Over the last few years. Congress has considered legislation to eliminate FPC's authority to regulate wellhead prices. One measure, which was passed in the Senate in 1975, specified immediate deregulation of new gas sales from onshore production and deregulation of gas produced offshore beginning in 1981. Similar bills have again been introduced in Congress this session. If adopted, this kind of legislation would cause new contract gas prices to approach the even higher intrastate prices. In response to emergency conditions created by last winter's cold weather, Congress did pass the Natural Gas Emergency Act of 1977. This act in effect deregulates wellhead gas prices temporarily. The law permits interstate pipelines to make emergency purchases of gas at prices above the $1.42 per MCF ceiling until July 31,1977. The President has the authority to establish prices made under the act, and presidential discretion is expected to keep prices from rising above $2.25 per MCF.

Higher and escalating wellhead prices for natural gas are bound to result in increasing retail gas prices for several years to come, and in all likelihood, increases in wellhead prices will result in even greater than one-to-one increases in the price of gas to consumers. The compressors that move gas through pipelines are also powered by gas. Therefore, an increase in the wellhead price of gas also means an increase in pipeline operating costs which will be passed on to consumers as shown in the table.

Even with complete and immediate deregulation, however, average wellhead prices will not rise up to intrastate levels overnight. Higher wellhead prices for new contracts will be "rolled in" as old contracts expire causing the average gas price to increase slowly. In any year new contract gas supplies from domestic sources comprise only a small fraction of total gas under contract. The full impact of new contract prices will be realized only after the change has been in effect for 5 to 10 years.
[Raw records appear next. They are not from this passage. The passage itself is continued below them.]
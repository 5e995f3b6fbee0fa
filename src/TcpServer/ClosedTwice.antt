-- ===== src/TcpServer/ClosedTwice.antt =====
-- TcpConnection.cc and TcpServer.cc: a functor that sends, run between the close of a connection and
-- its destruction. `handleClose` leaves the state as it is, and `sendInLoop` does not look at it.
use netfish.Prelude.{
  ℕ, ◌≡◌, ◌<◌, refl, ap, append_assoc, sym, ◌∙◌, Bool-cases, inl, inr, true, false, List, [], ◌∷◌,
  ◌++◌, length, arith, Outcome-cases, ok, err, assertion_failed,
}
use netfish.Channel.{
  Mask, none_event, on_close, on_error, on_write, is_writing, enable_writing, disable_all,
  handle_event,
}
use netfish.Buffer.{append}
use netfish.TcpConnection.{
  TcpConnection, no_write, closing, is_idle, write_now, keep_rest, send_in_loop, handle_close,
}
use netfish.TcpConnection.Reading.{IsUp, closed, handle_close_lem}
use netfish.TcpServer.{TcpServer, Connection, remove_connection_in_loop}
use netfish.TcpServer.Totals.{total, has_id, erase-total, has_id_self}
use netfish.TcpServer.Removing.{without, remove_lem, remove_again}

-- What epoll reports of a socket whose peer has reset it, when only writing is asked for: a hangup is
-- reported whether it is asked for or not.
abbrev pub hung_up : Mask
hung_up = record none_event { pollout = true; pollerr = true; pollhup = true }

-- A message of which `write` takes nothing goes into the output buffer whole.
refused :
    (msg : List ℕ) (c : TcpConnection)
    → 0 < length msg
    → send_in_loop no_write msg c ≡ keep_rest msg c
unfolding send_in_loop write_now
refused msg c h = elim (Bool-cases (is_idle c)) [
  | inl e ↦ rw e (ground (arith, h))
  | inr e ↦ rw e (ground (arith, h))
]

kept_rest :
    (msg : List ℕ) (c c' : TcpConnection)
    → is_writing c.channel ≡ false
    → keep_rest msg c ≡ ok c'
    → (c'.channel ≡ enable_writing c.channel) × (c'.state ≡ c.state) × (c'.calls ≡ c.calls)
unfolding keep_rest
kept_rest msg c c' w e = elim (Outcome-cases (append msg c.output_buffer)) [
  | inl (b, p) ↦ ground (arith, w, rw p at e)
  | inr (f, p) ↦ absurd (cc (rw p at e))
]

-- A connection that is up, with the handlers that the constructor sets, is closed; then a functor that
-- waited sends a message, of which `write` takes nothing as the peer is gone. The channel waits for
-- events again; when the hangup is reported, the connection is closed a second time and its owner
-- called a second time; and on a server that has the connection once in its map, the first removal
-- succeeds and the second one aborts.
pub closed_twice :
    (msg : List ℕ) (c c' : TcpConnection) (conn : Connection) (s : TcpServer)
    → IsUp c
    → c.channel.handlers.close_callback ≡ true
    → c.channel.handlers.error_callback ≡ true
    → c.channel.handlers.write_callback ≡ true
    → 0 < length msg
    → send_in_loop no_write msg (closed c) ≡ ok c'
    → total (has_id conn.conn_id) s.connections ≡ 1
    → (is_writing c'.channel ≡ true)
      × (handle_event (record c'.channel { revents = hung_up })
          ≡ on_close ∷ on_error ∷ on_write ∷ [])
      × (handle_close c' ≡ ok (closed c'))
      × ((closed c').calls ≡ c.calls ++ (closing ∷ closing ∷ []))
      × ((s' : TcpServer) × (remove_connection_in_loop true conn s ≡ ok s')
          × (remove_connection_in_loop true conn s' ≡ err assertion_failed))
unfolding is_writing enable_writing disable_all handle_event remove_connection_in_loop
closed_twice msg c c' conn s up h₁ h₂ h₃ h e m =
    let (channel, state, calls) =
      kept_rest msg (closed c) c' refl (sym (refused msg (closed c) h) ∙ e) in
    let up' : IsUp c' = ground (arith, up, state) in
    let (one, rest) = erase-total conn.conn_id s.connections m in
    (
      ap (λ ch. ch.events.pollout) channel,
      ground (arith, channel, h₁, h₂, h₃),
      handle_close_lem c' up',
      ap (λ l. l ++ (closing ∷ [])) calls ∙ append_assoc c.calls (closing ∷ []) (closing ∷ []),
      (
        without conn s,
        remove_lem conn s one,
        remove_again conn (without conn s) (omega (arith, rest conn.conn_id, m, has_id_self conn)),
      ),
    )
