-- ===== src/TcpServer/Connections.antt =====
-- The map of connections over any sequence of connections that come and go.
use netfish.Prelude.{
  ℕ, ◌+◌, ◌<◌, ◌≡◌, ◌≢◌, refl, sym, subst, true, List, [], ◌∷◌, ◌++◌, ok, err, assertion_failed,
  int_max, arith,
}
use netfish.ThreadPool.{ThreadPool, get_next_loop}
use netfish.TcpServer.{
  TcpServer, Connection, establish, destroy, assign, erase, new_connection,
  remove_connection_in_loop,
}

abbrev pub Below : ℕ → List Connection → Type 0
Below n [] = Unit {0}
Below n (c ∷ cs) = (c.conn_id < n) × Below n cs

abbrev pub Lacks : ℕ → List Connection → Type 0
Lacks n [] = Unit {0}
Lacks n (c ∷ cs) = (c.conn_id ≢ n) × Lacks n cs

-- No two connections have a name.
abbrev pub Distinct : List Connection → Type 0
Distinct [] = Unit {0}
Distinct (c ∷ cs) = Lacks c.conn_id cs × Distinct cs

pub record IsValid (s : TcpServer) : Type 0 where
  pub below : Below s.next_conn_id s.connections
  pub distinct : Distinct s.connections

Below-Lacks : (n : ℕ) (cs : List Connection) → Below n cs → Lacks n cs
Below-Lacks n [] b = tt
Below-Lacks n (c ∷ cs) (h, b) = ((λ e. omega (arith, e, h)), Below-Lacks n cs b)

Below-suc : (n : ℕ) (cs : List Connection) → Below n cs → Below (n + 1) cs
Below-suc n [] b = tt
Below-suc n (c ∷ cs) (h, b) = (omega arith, Below-suc n cs b)

-- A new name goes to the end of the list.
assign_new :
    (c : Connection) (cs : List Connection) → Lacks c.conn_id cs → assign c cs ≡ cs ++ (c ∷ [])
unfolding assign
assign_new c [] l = refl
assign_new c (d ∷ ds) (n, l) = ground (arith, n, assign_new c ds l)

Below-snoc :
    (n : ℕ) (c : Connection) (cs : List Connection)
    → c.conn_id < n
    → Below n cs
    → Below n (cs ++ (c ∷ []))
Below-snoc n c [] h b = (h, tt)
Below-snoc n c (d ∷ ds) h (k, b) = (k, Below-snoc n c ds h b)

Lacks-snoc :
    (n : ℕ) (c : Connection) (cs : List Connection)
    → c.conn_id ≢ n
    → Lacks n cs
    → Lacks n (cs ++ (c ∷ []))
Lacks-snoc n c [] h l = (h, tt)
Lacks-snoc n c (d ∷ ds) h (k, l) = (k, Lacks-snoc n c ds h l)

Distinct-snoc :
    (c : Connection) (cs : List Connection)
    → Lacks c.conn_id cs
    → Distinct cs
    → Distinct (cs ++ (c ∷ []))
Distinct-snoc c [] l d = (tt, tt)
Distinct-snoc c (x ∷ xs) (n, l) (k, d) =
    (Lacks-snoc x.conn_id c xs (λ e. n (sym e)) k, Distinct-snoc c xs l d)

-- A new connection on a valid server, in the thread of its loop: it has a name that no connection
-- has, the loop that the pool gives next, which is told to establish it, and the others stay. The number
-- of the next connection is below INT_MAX.
pub new_connection_lem :
    (sockfd io_loop : ℕ) (pool : ThreadPool) (s : TcpServer)
    → IsValid s
    → s.next_conn_id < int_max
    → get_next_loop true s.thread_pool ≡ ok (io_loop, pool)
    → (s' : TcpServer) × (new_connection true sockfd s ≡ ok s')
      × IsValid s'
      × (let conn : Connection = record {
        conn_id = s.next_conn_id;
        io_loop = io_loop;
        sockfd = sockfd;
      } in
          (s'.connections ≡ s.connections ++ (conn ∷ []))
          × (s'.tasks ≡ s.tasks ++ (establish conn ∷ []))
          × Lacks conn.conn_id s.connections)
unfolding new_connection
new_connection_lem sockfd io_loop pool s v small e =
    let conn : Connection = record {
      conn_id = s.next_conn_id;
      io_loop = io_loop;
      sockfd = sockfd;
    } in
    let fresh = Below-Lacks s.next_conn_id s.connections v.below in
    (
      record s {
        thread_pool = pool;
        next_conn_id = s.next_conn_id + 1;
        connections = s.connections ++ (conn ∷ []);
        tasks = s.tasks ++ (establish conn ∷ []);
      },
      ground (arith, e, small, assign_new conn s.connections fresh),
      record {
        below =
            Below-snoc (s.next_conn_id + 1) conn s.connections (omega arith)
              (Below-suc s.next_conn_id s.connections v.below);
        distinct = Distinct-snoc conn s.connections fresh v.distinct;
      },
      (refl, refl, fresh),
    )

erase-Lacks : (id : ℕ) (cs : List Connection) → Lacks id cs → erase id cs ≡ (cs, 0)
unfolding erase
erase-Lacks id [] l = refl
erase-Lacks id (c ∷ cs) (n, l) = ground (arith, n, erase-Lacks id cs l)

-- A connection in the middle of the list.
Below-remove :
    (n : ℕ) (c : Connection) (before after : List Connection)
    → Below n (before ++ (c ∷ after))
    → Below n (before ++ after)
Below-remove n c [] after (h, b) = b
Below-remove n c (d ∷ ds) after (h, b) = (h, Below-remove n c ds after b)

Lacks-remove :
    (n : ℕ) (c : Connection) (before after : List Connection)
    → Lacks n (before ++ (c ∷ after))
    → Lacks n (before ++ after) × (c.conn_id ≢ n)
Lacks-remove n c [] after (h, l) = (l, h)
Lacks-remove n c (d ∷ ds) after (h, l) = let (m, k) = Lacks-remove n c ds after l in ((h, m), k)

Distinct-remove :
    (c : Connection) (before after : List Connection)
    → Distinct (before ++ (c ∷ after))
    → Distinct (before ++ after) × Lacks c.conn_id (before ++ after)
Distinct-remove c [] after (l, d) = (d, l)
Distinct-remove c (x ∷ xs) after (l, d) =
    let (e, m) = Distinct-remove c xs after d in
    let (k, n) = Lacks-remove x.conn_id c xs after l in ((k, e), ((λ p. n (sym p)), m))

erase_there :
    (c : Connection) (before after : List Connection)
    → Lacks c.conn_id (before ++ after)
    → erase c.conn_id (before ++ (c ∷ after)) ≡ (before ++ after, 1)
unfolding erase
erase_there c [] after l = ground arith
erase_there c (d ∷ ds) after (n, l) = ground (arith, n, erase_there c ds after l)

-- The removal of a connection of a valid server, in the thread of its loop: that connection and no
-- other leaves the map, and its loop is told to destroy it; a second removal of it aborts.
pub remove_connection_lem :
    (conn : Connection) (before after : List Connection) (s : TcpServer)
    → IsValid s
    → s.connections ≡ before ++ (conn ∷ after)
    → (s' : TcpServer) × (remove_connection_in_loop true conn s ≡ ok s')
      × IsValid s'
      × (s'.connections ≡ before ++ after)
      × (s'.tasks ≡ s.tasks ++ (destroy conn ∷ []))
      × (remove_connection_in_loop true conn s' ≡ err assertion_failed)
unfolding remove_connection_in_loop
remove_connection_lem conn before after s v e =
    let (distinct, gone) = Distinct-remove conn before after (subst Distinct e v.distinct) in
    (
      record s { connections = before ++ after; tasks = s.tasks ++ (destroy conn ∷ []) },
      ground (arith, e, erase_there conn before after gone),
      record {
        below =
            Below-remove s.next_conn_id conn before after (subst (Below s.next_conn_id) e v.below);
        distinct = distinct;
      },
      refl,
      refl,
      ground (arith, erase-Lacks conn.conn_id (before ++ after) gone),
    )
Gas users in Illinois and throughout the nation will pay higher prices for gas in the next 5 to 10 years. Higher prices are needed to stimulate exploration and development for new supplies of natural gas. Higher prices will also encourage conservation and switching to other fuels. Natural gas will continue to provide the bulk of Illinois' gas needs in the next 5 to 10 years. Gas shortages will prevail until production for interstate transmission catches up with demand. Supplies will be augmented by LNG imports, SNG production from liquid hydrocarbons, and perhaps to a small extent, by coal gasification. All of these alternatives are more expensive than natural gas.